In the 2010s, we have seen and still are seeing yet another paradigm shift in the way the data is captured and used. Largely attributed to the widespread use of the Internet, new data generation mediums have emerged. Of all the new data sources, including RFID tags, digital energy meters, clickstream Web logs, smart home devices, and wearable health monitoring equipment, perhaps the most interesting and challenging one is the social network/media data. Even though it is rich in information content, analysis of such unstructured data sources poses significant challenges to computational systems from both a software as well as a hardware perspective. Recently, the term “Big Data” was coined to highlight these challenges the new data streams have brought upon us. Many advancements in both hardware—massively parallel processing with huge computational memory and highly parallel multi-processor computing systems—as well as software/algorithms—Hadoop with MapReduce and NoSQL—have been developed to address the challenges of Big Data.

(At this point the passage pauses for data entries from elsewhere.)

-- ===== src/Pipeline/Quiet.antt =====
-- What the adapters of backend/app/engine/orchestration/sources.py do where the parcel is not confirmed:
-- the ones that are asked by parcel bring nothing, and none confirms the parcel.
use researchhub_engine.Prelude.{
  String, ◌≡◌, refl, ◌⊎◌, inl, inr, Bool, false, ◌&&◌, ◌||◌, Option, none, List, [], str_eq, All,
  Bool-cases,
}
use researchhub_engine.Sources.{FetchedSource, SourceException, SourceAdapter}
use researchhub_engine.Sources.Context.{Context, ClerkDocs}
use researchhub_engine.Sources.Services.{Python, Services, Flood, Benchmarks}
use researchhub_engine.Sources.Clerk.{
  deed_adapter, plat_adapter, attempt_clerk_adapter, clerk_source,
}
use researchhub_engine.Sources.Property.{
  parcel_adapter, appraiser_adapter, is_confident, unmatched_parcel, parcel_link, appraiser_link,
  appraiser_source, appraisal_files, confirmed_parcel, is_nonempty,
}
use researchhub_engine.Sources.Federal.{
  flood_adapter, ngs_adapter, glo_adapter, zoning_adapter, link_only, on_flood, on_benchmarks,
}
use researchhub_engine.Sources.Registry.{adapters}
use researchhub_engine.Steps.Assembly.{FallsBack}
use researchhub_engine.Pipeline.Unconfirmed.{IsUnconfirmed, scrape_documents_lem}

-- a source that is asked by the location, not by the parcel
abbrev pub is_by_location : String → Bool
is_by_location key = str_eq key "flood" || str_eq key "benchmarks"

-- No file, and nothing that only a confirmed parcel has.
pub record IsBare (downloaded : List String) (situs land_sqft land_acres : Option String)
    (address_match : Option Bool) : Type 0 where
  pub no_file : downloaded ≡ []
  pub no_situs : situs ≡ none
  pub no_sqft : land_sqft ≡ none
  pub no_acres : land_acres ≡ none
  pub no_match : address_match ≡ none

abbrev pub IsBareSource : FetchedSource → Type 0
IsBareSource fs = IsBare fs.downloaded fs.situs fs.land_sqft fs.land_acres fs.address_match

pub bare : IsBare [] none none none none
bare = record { no_file = refl; no_situs = refl; no_sqft = refl; no_acres = refl; no_match = refl }

-- What an adapter did leaves the parcel unconfirmed; a source of one asked by the parcel is bare.
abbrev pub IsQuiet : String → (SourceException ⊎ FetchedSource) × Context → Type 0
IsQuiet key (inl e, ctx) = IsUnconfirmed ctx
IsQuiet key (inr fs, ctx) = IsUnconfirmed ctx × (is_by_location key ≡ false → IsBareSource fs)

pub record StaysQuiet (key : String) (adapter : SourceAdapter Context) : Type 0 where
  pub falls : FallsBack adapter
  pub fetches : (ctx : Context) → IsUnconfirmed ctx → IsQuiet key (adapter.fetch ctx)
  pub fallbacks : (ctx : Context) → IsUnconfirmed ctx → IsQuiet key (adapter.fallback ctx)

link_only-StaysQuiet :
    (key : String) (source : Context → FetchedSource)
    → ((ctx : Context) → IsBareSource (source ctx))
    → StaysQuiet key (link_only source)
unfolding link_only
link_only-StaysQuiet key source h = record {
  falls = λ ctx. (_, _, refl);
  fetches = λ ctx u. (u, λ k. h ctx);
  fallbacks = λ ctx u. (u, λ k. h ctx);
}

unmatched_parcel-bare : (ctx : Context) → IsBareSource (unmatched_parcel ctx)
unfolding unmatched_parcel parcel_link
unmatched_parcel-bare ctx =
    elim (Bool-cases (is_nonempty ctx.parcel.parcels && ctx.parcel.buffered_match)) [
      | inl e ↦ rw e bare
      | inr e ↦ rw e bare
    ]

is_confident_lem : (ctx : Context) → IsUnconfirmed ctx → is_confident ctx ≡ false
unfolding is_confident
is_confident_lem ctx u = rw u.unconfirmed refl

module _ (python : Python) (services : Services) where
  parcel-StaysQuiet : StaysQuiet "parcel" (parcel_adapter python services)
  unfolding parcel_adapter parcel_link
  parcel-StaysQuiet = record {
    falls = λ ctx. (_, _, refl);
    fetches = λ ctx u. (u, λ k. rw (is_confident_lem ctx u) (unmatched_parcel-bare ctx));
    fallbacks = λ ctx u. (u, λ k. bare);
  }

  appraiser-StaysQuiet : StaysQuiet "appraiser" (appraiser_adapter python services)
  unfolding appraiser_adapter appraiser_source appraiser_link appraisal_files confirmed_parcel
  appraiser-StaysQuiet = record {
    falls = λ ctx. (_, _, refl);
    fetches = λ ctx u. (u, λ k. rw (u.unconfirmed, u.no_record) bare);
    fallbacks = λ ctx u. (u, λ k. bare);
  }

  deed-StaysQuiet : StaysQuiet "deed" (deed_adapter python services)
  unfolding deed_adapter clerk_source
  deed-StaysQuiet = record {
    falls = λ ctx. (_, _, refl);
    fetches = λ ctx u.
        let (ctx', e, u') = scrape_documents_lem python services ctx u in rw e (u', λ k. bare);
    fallbacks = λ ctx u. (u, λ k. bare);
  }

  plat-StaysQuiet : StaysQuiet "plat" (plat_adapter python services)
  unfolding plat_adapter clerk_source
  plat-StaysQuiet = record {
    falls = λ ctx. (_, _, refl);
    fetches = λ ctx u.
        let (ctx', e, u') = scrape_documents_lem python services ctx u in rw e (u', λ k. bare);
    fallbacks = λ ctx u. (u, λ k. bare);
  }

  attempt-StaysQuiet :
      (key l : String) (read : ClerkDocs → Option String)
      → StaysQuiet key (attempt_clerk_adapter python services key l read)
  unfolding attempt_clerk_adapter clerk_source
  attempt-StaysQuiet key l read = record {
    falls = λ ctx. (_, _, refl);
    fetches = λ ctx u.
        let (ctx', e, u') = scrape_documents_lem python services ctx u in rw e (u', λ k. bare);
    fallbacks = λ ctx u.
        let (ctx', e, u') = scrape_documents_lem python services ctx u in rw e (u', λ k. bare);
  }

  flood-StaysQuiet : StaysQuiet "flood" (flood_adapter python services)
  unfolding flood_adapter
  flood-StaysQuiet = record {
    falls = λ ctx. (_, _, refl);
    fetches = λ ctx u. fetched ctx u (services.flood ctx.lat ctx.lon ctx.county_fips);
    fallbacks = λ ctx u. (u, cc);
  }
    where
      fetched :
          (ctx : Context)
          → IsUnconfirmed ctx
          → (r : SourceException ⊎ Flood) → IsQuiet "flood" (on_flood python services ctx r)
      fetched ctx u (inl e) = u
      fetched ctx u (inr f) = (u, cc)

  ngs-StaysQuiet : StaysQuiet "benchmarks" (ngs_adapter python services)
  unfolding ngs_adapter
  ngs-StaysQuiet = record {
    falls = λ ctx. (_, _, refl);
    fetches = λ ctx u. fetched ctx u (services.benchmarks ctx.lat ctx.lon);
    fallbacks = λ ctx u. (u, cc);
  }
    where
      fetched :
          (ctx : Context)
          → IsUnconfirmed ctx
          → (r : SourceException ⊎ Benchmarks)
          → IsQuiet "benchmarks" (on_benchmarks python services ctx r)
      fetched ctx u (inl e) = u
      fetched ctx u (inr b) = (u, cc)

  pub adapters-StayQuiet :
      All (λ (e : String × SourceAdapter Context). StaysQuiet e.0 e.1) (adapters python services)
  unfolding adapters glo_adapter zoning_adapter
  adapters-StayQuiet = (
    parcel-StaysQuiet,
    (
      appraiser-StaysQuiet,
      (
        deed-StaysQuiet,
        (
          plat-StaysQuiet,
          (
            attempt-StaysQuiet _ _ _,
            (
              attempt-StaysQuiet _ _ _,
              (
                attempt-StaysQuiet _ _ _,
                (
                  attempt-StaysQuiet _ _ _,
                  (
                    flood-StaysQuiet,
                    (
                      ngs-StaysQuiet,
                      (
                        link_only-StaysQuiet _ _ (λ ctx. bare),
                        (link_only-StaysQuiet _ _ (λ ctx. bare), tt),
                      ),
                    ),
                  ),
                ),
              ),
            ),
          ),
        ),
      ),
    ),
  )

What the next decade will bring, what new terms will be used to name analytics, are hard to predict. The time between new paradigm shifts in information systems and particularly in analytics has been shrinking, and the trend of such will continue for the foreseeable future. Today, the reality is that even though analytics is not new, the explosion in its popularity is. With the recent explosion of Big Data, means to collect and store this data, and intuitive software tools, data and data-driven insight have become more accessible to business professionals than ever before. Therefore, in the midst of global competition, there is a huge opportunity to make better managerial decisions using data and analytics to increase revenue while decreasing cost by building better products, improving customer experience, catching fraud before it happens, and improving customer engagement through targeting and customization—all with the power of analytics and data. More and more companies are now preparing/schooling their employees with the know-how of business analytics to drive effectiveness and efficiency in their day-to-day decision-making processes.